START Study material

-- ===== src/Store/Examples.antt =====
-- The fill ledger at a concrete database.
use pg_tsy_core_bootstrap.Store.Fills.{validate}
use pg_tsy_core_bootstrap.Store.Fills.{byte_len}
use pg_tsy_core_bootstrap.Store.Fills.{valid_identifier}
use pg_tsy_core_bootstrap.Store.Fills.{invalid_commission}
use pg_tsy_core_bootstrap.Store.Fills.{invalid_identity}
use pg_tsy_core_bootstrap.Store.Fills.{valid_time}
use pg_tsy_core_bootstrap.Store.Fills.{invalid_order_identity}
use pg_tsy_core_bootstrap.Store.Fills.{belongs_to}
use pg_tsy_core_bootstrap.Store.Fills.{all_chars}
use pg_tsy_core_bootstrap.Store.Fills.{fill_beq}
use pg_tsy_core_bootstrap.Store.Ledger.{insert_for}
use pg_tsy_core_bootstrap.Store.Ledger.{insert_or_match}
use pg_tsy_core_bootstrap.Store.Ledger.{bounded_insert}
use pg_tsy_core_bootstrap.Store.Ledger.{total_fills}
use pg_tsy_core_bootstrap.Store.Ledger.{has_key}
use pg_tsy_core_bootstrap.Store.Ledger.{is_other_order}
use pg_tsy_core_bootstrap.Runtime.Config.{u64_text}
use pg_tsy_core_bootstrap.Runtime.Config.{u64_digits}
use pg_tsy_core_bootstrap.Prelude.{is_blank}
use pg_tsy_core_bootstrap.Prelude.{is_empty}
use pg_tsy_core_bootstrap.Prelude.{nat_text}
use pg_tsy_core_bootstrap.Prelude.{
  ℤ, pos, true, none, some, ok, List, [], ◌∷◌, length, ◌≡◌, refl, ◌+ℤ◌,
}
use pg_tsy_core_bootstrap.Samples.{whole_numbers}
use pg_tsy_core_bootstrap.Types.{Venue, Side, ExposureEffect}
use pg_tsy_core_bootstrap.Oms.{OrderState, OrderRecord}
use pg_tsy_core_bootstrap.Orchestrator.Defs.{RuntimeLease}
use pg_tsy_core_bootstrap.Store.Fills.{ExecutionFill, FillInsertOutcome, venue_fill_key}
use pg_tsy_core_bootstrap.Store.Ledger.{Database, holds_lease, record_fill, insert_execution_fill}
use pg_tsy_core_bootstrap.Store.Ledger.Bounds.{
  Insertion, IsBounded, insert_all, insert_all-IsBounded,
}
use pg_tsy_core_bootstrap.Store.Ledger.Replay.{insert-insert}

abbrev lease : RuntimeLease
lease = record { lease_key = "live"; holder_id = "h"; fencing_token = pos 3; ttl_seconds = pos 15 }

abbrev order : OrderRecord ℤ
order = record {
  order_id = 7;
  intent_id = 1;
  client_order_id = "pg00000000000000000000000000000001";
  venue_order_id = some "42";
  venue = Venue.binance_pm;
  asset = "BTCUSDT";
  owner_strategy_id = "trend";
  side = some Side.buy;
  effect = some ExposureEffect.increase;
  requested_quantity = pos 5;
  filled_quantity = pos 0;
  state = OrderState.opened;
}

abbrev three : ExecutionFill ℤ
three = record {
  account_scope = "pm";
  venue = Venue.binance_pm;
  symbol = "BTCUSDT";
  trade_id = pos 9;
  venue_fill_id = "t9";
  venue_order_id = "42";
  client_order_id = "pg00000000000000000000000000000001";
  side = Side.buy;
  quantity = pos 3;
  price = pos 100;
  commission = none;
  commission_asset = none;
  realized_pnl = none;
  trade_time_ms = some (pos 1);
  venue_time = none;
}

abbrev empty : Database ℤ
empty = record {
  runtime_leases =
      record {
        lease_key = "live";
        holder_id = "h";
        fencing_token = pos 3;
        lease_expires_at = pos 100;
      }
      ∷ [];
  order_records = order ∷ [];
  execution_fills = [];
  event_journal = [];
}

-- The second of two fills of three does not fit in an order of five.
abbrev calls : List (Insertion ℤ)
calls =
    record { lease = lease; now = pos 10; fill = three }
    ∷ record { lease = lease; now = pos 11; fill = record three { venue_fill_id = "t10" } }
    ∷ []

insert_all-IsBounded_example : IsBounded (insert_all calls empty)
insert_all-IsBounded_example = insert_all-IsBounded calls empty refl

one_stored : length (insert_all calls empty).execution_fills ≡ 1
unfolding insert_all insert_execution_fill ◌+ℤ◌ validate is_blank byte_len valid_identifier
    invalid_commission invalid_identity valid_time venue_fill_key invalid_order_identity u64_text
    holds_lease insert_for belongs_to insert_or_match bounded_insert total_fills record_fill
    is_empty nat_text u64_digits all_chars fill_beq has_key is_other_order
one_stored = refl

inserted :
    insert_execution_fill lease (pos 10) three empty
    ≡ (ok FillInsertOutcome.inserted, record_fill lease three empty)
unfolding insert_execution_fill ◌+ℤ◌ validate is_blank byte_len valid_identifier invalid_commission
    invalid_identity valid_time venue_fill_key invalid_order_identity u64_text holds_lease
    insert_for belongs_to insert_or_match bounded_insert total_fills
inserted = refl

still_held : holds_lease lease (pos 20) empty ≡ true
unfolding holds_lease
still_held = refl

insert-insert_example :
    insert_execution_fill lease (pos 20) three (record_fill lease three empty)
    ≡ (ok FillInsertOutcome.duplicate, record_fill lease three empty)
insert-insert_example =
    insert-insert lease (pos 10) (pos 20) three empty (record_fill lease three empty) inserted
      still_held
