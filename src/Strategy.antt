-- ===== src/Strategy.antt =====
-- rust/crates/pg-strategy/src/lib.rs: the state machine that turns signals into intents and follows
-- their fills. A method on `&mut self` returns the new machine and its result. `fresh` is what
-- `Uuid::new_v4()` returns.
pub mod Defs
pub mod Machine
pub mod Control
pub mod Progress
pub mod Invariant
pub mod Histories
pub mod Signals
mod Examples
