-- ===== src/Strategy/Defs.antt =====
-- The data of the strategy machine, and the tables of its phases.
use pg_tsy_core_bootstrap.Prelude.{
  String, Bool, Option, none, some, string_eq, nat_eq, option_eq, if◌then◌else◌,
}
use pg_tsy_core_bootstrap.Decimal.{Decimal, lt}
use pg_tsy_core_bootstrap.Types.{Venue, venue_eq, Uuid, OrderIntent}

pub record StrategyConfig (Q F : Type 0) : Type 0 where
  pub strategy_id : String
  pub asset : String
  pub venue : Venue
  pub order_quantity : Q
  pub entry_score : F
  pub exit_score : F
  pub allow_short : Bool

pub data StrategyPhase : Type 0 where
  flat entering_long long exiting_long : StrategyPhase
  entering_short short exiting_short : StrategyPhase
  safe_hold unknown halted : StrategyPhase

pub record StrategyState (Q : Type 0) : Type 0 where
  pub phase : StrategyPhase
  pub net_quantity : Q
  pub active_intent_id : Option Uuid
  pub intent_start_quantity : Option Q
  pub last_signal_id : Option String
  pub hold_reason : Option String

pub data StrategyDecision (Q : Type 0) : Type 0 where
  noop : StrategyDecision Q
  submit : OrderIntent Q → StrategyDecision Q
  hold : String → StrategyDecision Q

pub record StrategyMachine (Q F : Type 0) : Type 0 where
  pub config : StrategyConfig Q F
  pub state : StrategyState Q

module _ {Q : Type 0} ⦃d : Decimal Q⦄ where
  -- `StrategyState::default`.
  abbrev pub flat_state : StrategyState Q
  flat_state = record {
    phase = StrategyPhase.flat;
    net_quantity = d.zero;
    active_intent_id = none;
    intent_start_quantity = none;
    last_signal_id = none;
    hold_reason = none;
  }

  abbrev pub phase_of : Q → StrategyPhase
  phase_of net_quantity =
      if lt d.zero net_quantity
      then StrategyPhase.long
      else if lt net_quantity d.zero
      then StrategyPhase.short
      else StrategyPhase.flat

  -- The quantity that the intent in flight is to reach; `none` where none is in flight.
  abbrev pub expected : StrategyPhase → Q → Q → Option Q
  expected StrategyPhase.entering_long order_quantity start = some order_quantity
  expected StrategyPhase.entering_short order_quantity start = some order_quantity
  expected StrategyPhase.exiting_long order_quantity start = some (d.abs start)
  expected StrategyPhase.exiting_short order_quantity start = some (d.abs start)
  expected _ order_quantity start = none

  -- The second `match` of `on_intent_fill_progress`; the other phases have returned before.
  abbrev pub net_after : StrategyPhase → Q → Q → Q → Q
  net_after StrategyPhase.entering_long start cumulative net = cumulative
  net_after StrategyPhase.entering_short start cumulative net = d.neg cumulative
  net_after StrategyPhase.exiting_long start cumulative net = d.sub start cumulative
  net_after StrategyPhase.exiting_short start cumulative net = d.add start cumulative
  net_after _ start cumulative net = net
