-- ===== src/Strategy/Control.antt =====
-- The methods that operators and reconciliation call.
use pg_tsy_core_bootstrap.Prelude.{String, none, some, string_eq, nat_eq, option_eq}
use pg_tsy_core_bootstrap.Decimal.{Decimal}
use pg_tsy_core_bootstrap.Types.{venue_eq}
use pg_tsy_core_bootstrap.Strategy.Defs.{StrategyPhase, StrategyMachine, phase_of}

module _ {Q F : Type 0} ⦃d : Decimal Q⦄ where
  unfoldable pub on_external_state_unknown : StrategyMachine Q F → String → StrategyMachine Q F
  on_external_state_unknown self reason = record self {
    state = record (self.state) { phase = StrategyPhase.unknown; hold_reason = some reason };
  }

  -- What `enter_safe_hold` and `halt` do, with their phase.
  abbrev pub stop : StrategyPhase → StrategyMachine Q F → String → StrategyMachine Q F
  stop phase self reason = record self {
    state = record (self.state) {
      phase = phase;
      hold_reason = some reason;
      active_intent_id = none;
      intent_start_quantity = none;
    };
  }

  unfoldable pub enter_safe_hold : StrategyMachine Q F → String → StrategyMachine Q F
  enter_safe_hold self reason = stop StrategyPhase.safe_hold self reason

  unfoldable pub halt : StrategyMachine Q F → String → StrategyMachine Q F
  halt self reason = stop StrategyPhase.halted self reason

  unfoldable pub restore_after_reconcile : StrategyMachine Q F → Q → StrategyMachine Q F
  restore_after_reconcile self net_quantity = record self {
    state = record (self.state) {
      net_quantity = net_quantity;
      active_intent_id = none;
      intent_start_quantity = none;
      hold_reason = none;
      phase = phase_of net_quantity;
    };
  }
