-- ===== src/Strategy/Progress.antt =====
-- `on_intent_fill_progress` and `on_intent_filled`.
use pg_tsy_core_bootstrap.Prelude.{
  Bool, true, false, not, ◌||◌, Option, none, some, ◌!=◌, string_eq, nat_eq, option_eq, unwrap_or,
  if◌then◌else◌,
}
use pg_tsy_core_bootstrap.Decimal.{Decimal, lt, same}
use pg_tsy_core_bootstrap.Types.{venue_eq, Uuid}
use pg_tsy_core_bootstrap.Strategy.Defs.{StrategyMachine, phase_of, expected, net_after}
use pg_tsy_core_bootstrap.Strategy.Control.{enter_safe_hold, on_external_state_unknown}

module _ {Q F : Type 0} ⦃d : Decimal Q⦄ where
  -- What follows `if fully_filled`.
  unfoldable pub settle : StrategyMachine Q F → Q → Q → Bool → StrategyMachine Q F × Bool
  unfolding enter_safe_hold
  settle self cumulative_filled target false = (self, true)
  settle self cumulative_filled target true =
      if not (same cumulative_filled target)
      then (
        enter_safe_hold self "terminal fill quantity does not equal expected intent quantity",
        false,
      )
      else (
        record self {
          state = record (self.state) {
            phase = phase_of self.state.net_quantity;
            active_intent_id = none;
            intent_start_quantity = none;
          };
        },
        true,
      )

  -- From the comparison with the expected quantity on.
  abbrev pub progress : Option Q → StrategyMachine Q F → Q → Q → Bool → StrategyMachine Q F × Bool
  progress none self start cumulative_filled fully_filled = (self, false)
  progress (some target) self start cumulative_filled fully_filled =
      if lt target cumulative_filled
      then (
        on_external_state_unknown self "venue cumulative fill exceeds expected intent quantity",
        false,
      )
      else settle
          (record self {
            state = record (self.state) {
              net_quantity =
                  net_after self.state.phase start cumulative_filled self.state.net_quantity;
            };
          })
          cumulative_filled target fully_filled

  unfoldable pub on_intent_fill_progress :
      StrategyMachine Q F → Uuid → Q → Bool → StrategyMachine Q F × Bool
  unfolding on_external_state_unknown settle
  on_intent_fill_progress self intent_id cumulative_filled fully_filled =
      let start = unwrap_or self.state.intent_start_quantity self.state.net_quantity in
      if self.state.active_intent_id != some intent_id || lt cumulative_filled d.zero
      then (self, false)
      else progress (expected self.state.phase self.config.order_quantity start) self start
          cumulative_filled fully_filled

  abbrev pub filled_with : Option Q → StrategyMachine Q F → Uuid → StrategyMachine Q F × Bool
  filled_with none self intent_id = (self, false)
  filled_with (some target) self intent_id = on_intent_fill_progress self intent_id target true

  unfoldable pub on_intent_filled : StrategyMachine Q F → Uuid → StrategyMachine Q F × Bool
  unfolding on_intent_fill_progress
  on_intent_filled self intent_id =
      let start = unwrap_or self.state.intent_start_quantity self.state.net_quantity in
      filled_with (expected self.state.phase self.config.order_quantity start) self intent_id
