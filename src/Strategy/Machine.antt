-- ===== src/Strategy/Machine.antt =====
-- `StrategyConfig::validate`, `StrategyMachine::new` and `on_signal`.
use pg_tsy_core_bootstrap.Prelude.{
  ℕ, String, not, ◌&&◌, ◌||◌, none, some, Result, ok, ◌>>◌, bail_if, ◌==◌, ◌!=◌, string_eq, nat_eq,
  option_eq, unwrap_or, if◌then◌else◌,
}
use pg_tsy_core_bootstrap.Decimal.{Decimal, le, same}
use pg_tsy_core_bootstrap.Float.{Float}
use pg_tsy_core_bootstrap.Types.{
  venue_eq, Signal, is_expired, Side, ExposureEffect, Uuid, OrderIntent,
}
use pg_tsy_core_bootstrap.Strategy.Defs.{
  StrategyConfig, StrategyPhase, StrategyDecision, StrategyMachine, flat_state,
}

module _ {Q F : Type 0} ⦃d : Decimal Q⦄ ⦃f : Float F⦄ where
  -- `StrategyConfig::validate`.
  unfoldable pub validate : StrategyConfig Q F → Result (Unit {0}) String
  validate self = do
    bail_if (le self.order_quantity d.zero) "order_quantity must be positive"
    bail_if
        (not (f.le f.zero self.entry_score && f.le self.entry_score f.one)
          || f.eq self.entry_score f.zero)
        "entry_score must be in (0, 1]"
    bail_if (not (f.le f.zero self.exit_score && f.lt self.exit_score self.entry_score))
        "exit_score must be in [0, entry_score)"
    ok tt

  unfoldable pub new : StrategyConfig Q F → Result (StrategyMachine Q F) String
  unfolding validate
  new config = validate config >> ok (record { config = config; state = flat_state })

  unfoldable pub intent :
      StrategyMachine Q F → Uuid → Signal F → Side → Q → ExposureEffect → OrderIntent Q
  intent self fresh signal side quantity effect = record {
    intent_id = fresh;
    strategy_id = self.config.strategy_id;
    asset = self.config.asset;
    venue = self.config.venue;
    side = side;
    quantity = quantity;
    limit_price = none;
    effect = effect;
    source_signal_id = some signal.signal_id;
  }

  -- The state changes that `submit_entry` and `submit_exit` share.
  abbrev pub await_fill : StrategyMachine Q F → Uuid → StrategyPhase → StrategyMachine Q F
  await_fill self fresh next_phase = record self {
    state = record (self.state) {
      intent_start_quantity = some self.state.net_quantity;
      phase = next_phase;
      active_intent_id = some fresh;
    };
  }

  unfoldable pub submit_entry :
      StrategyMachine Q F
      → Uuid
      → Signal F
      → Side
      → StrategyPhase
      → StrategyMachine Q F × StrategyDecision Q
  unfolding intent
  submit_entry self fresh signal side next_phase = (
    await_fill self fresh next_phase,
    StrategyDecision.submit
        (intent self fresh signal side self.config.order_quantity ExposureEffect.increase),
  )

  unfoldable pub submit_exit :
      StrategyMachine Q F
      → Uuid
      → Signal F
      → Side
      → StrategyPhase
      → StrategyMachine Q F × StrategyDecision Q
  unfolding intent
  submit_exit self fresh signal side next_phase =
      let quantity = d.abs self.state.net_quantity in
      if same quantity d.zero
      then (
        record self {
          state = record (self.state) {
            phase = StrategyPhase.unknown;
            hold_reason = some "exit requested with zero owned quantity";
          };
        },
        StrategyDecision.hold "position ownership mismatch",
      )
      else (
        await_fill self fresh next_phase,
        StrategyDecision.submit (intent self fresh signal side quantity ExposureEffect.reduce_only),
      )

  -- The `match self.state.phase` of `on_signal`.
  abbrev pub act :
      StrategyPhase
      → StrategyMachine Q F
      → Uuid
      → Signal F
      → StrategyMachine Q F × StrategyDecision Q
  act StrategyPhase.flat self fresh signal =
      if f.le self.config.entry_score signal.score
      then submit_entry self fresh signal Side.buy StrategyPhase.entering_long
      else if self.config.allow_short && f.le signal.score (f.neg self.config.entry_score)
      then submit_entry self fresh signal Side.sell StrategyPhase.entering_short
      else (self, StrategyDecision.noop)
  act StrategyPhase.long self fresh signal =
      if f.le signal.score self.config.exit_score
      then submit_exit self fresh signal Side.sell StrategyPhase.exiting_long
      else (self, StrategyDecision.noop)
  act StrategyPhase.short self fresh signal =
      if f.le (f.neg self.config.exit_score) signal.score
      then submit_exit self fresh signal Side.buy StrategyPhase.exiting_short
      else (self, StrategyDecision.noop)
  act StrategyPhase.safe_hold self fresh signal =
      (self, StrategyDecision.hold (unwrap_or self.state.hold_reason "strategy is in safe hold"))
  act StrategyPhase.unknown self fresh signal =
      (self, StrategyDecision.hold "state is unknown; reconcile required")
  act StrategyPhase.halted self fresh signal = (self, StrategyDecision.hold "strategy is halted")
  act _ self fresh signal = (self, StrategyDecision.noop)

  -- The machine that has noted a signal.
  abbrev pub remember : StrategyMachine Q F → Signal F → StrategyMachine Q F
  remember self signal = record self {
    state = record (self.state) { last_signal_id = some signal.signal_id };
  }

  unfoldable pub on_signal :
      StrategyMachine Q F → Uuid → Signal F → ℕ → StrategyMachine Q F × StrategyDecision Q
  unfolding is_expired
  on_signal self fresh signal now_ns =
      if signal.asset != self.config.asset || signal.venue != self.config.venue
      then (self, StrategyDecision.noop)
      else if is_expired signal now_ns
      then (self, StrategyDecision.hold "expired signal")
      else if self.state.last_signal_id == some signal.signal_id
      then (self, StrategyDecision.noop)
      else act self.state.phase (remember self signal) fresh signal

END Study material

- [Goal of the exercise]
If a line in the records contains the string "inserted", include it in the count; report that count alone.

- [Response for this exercise]
4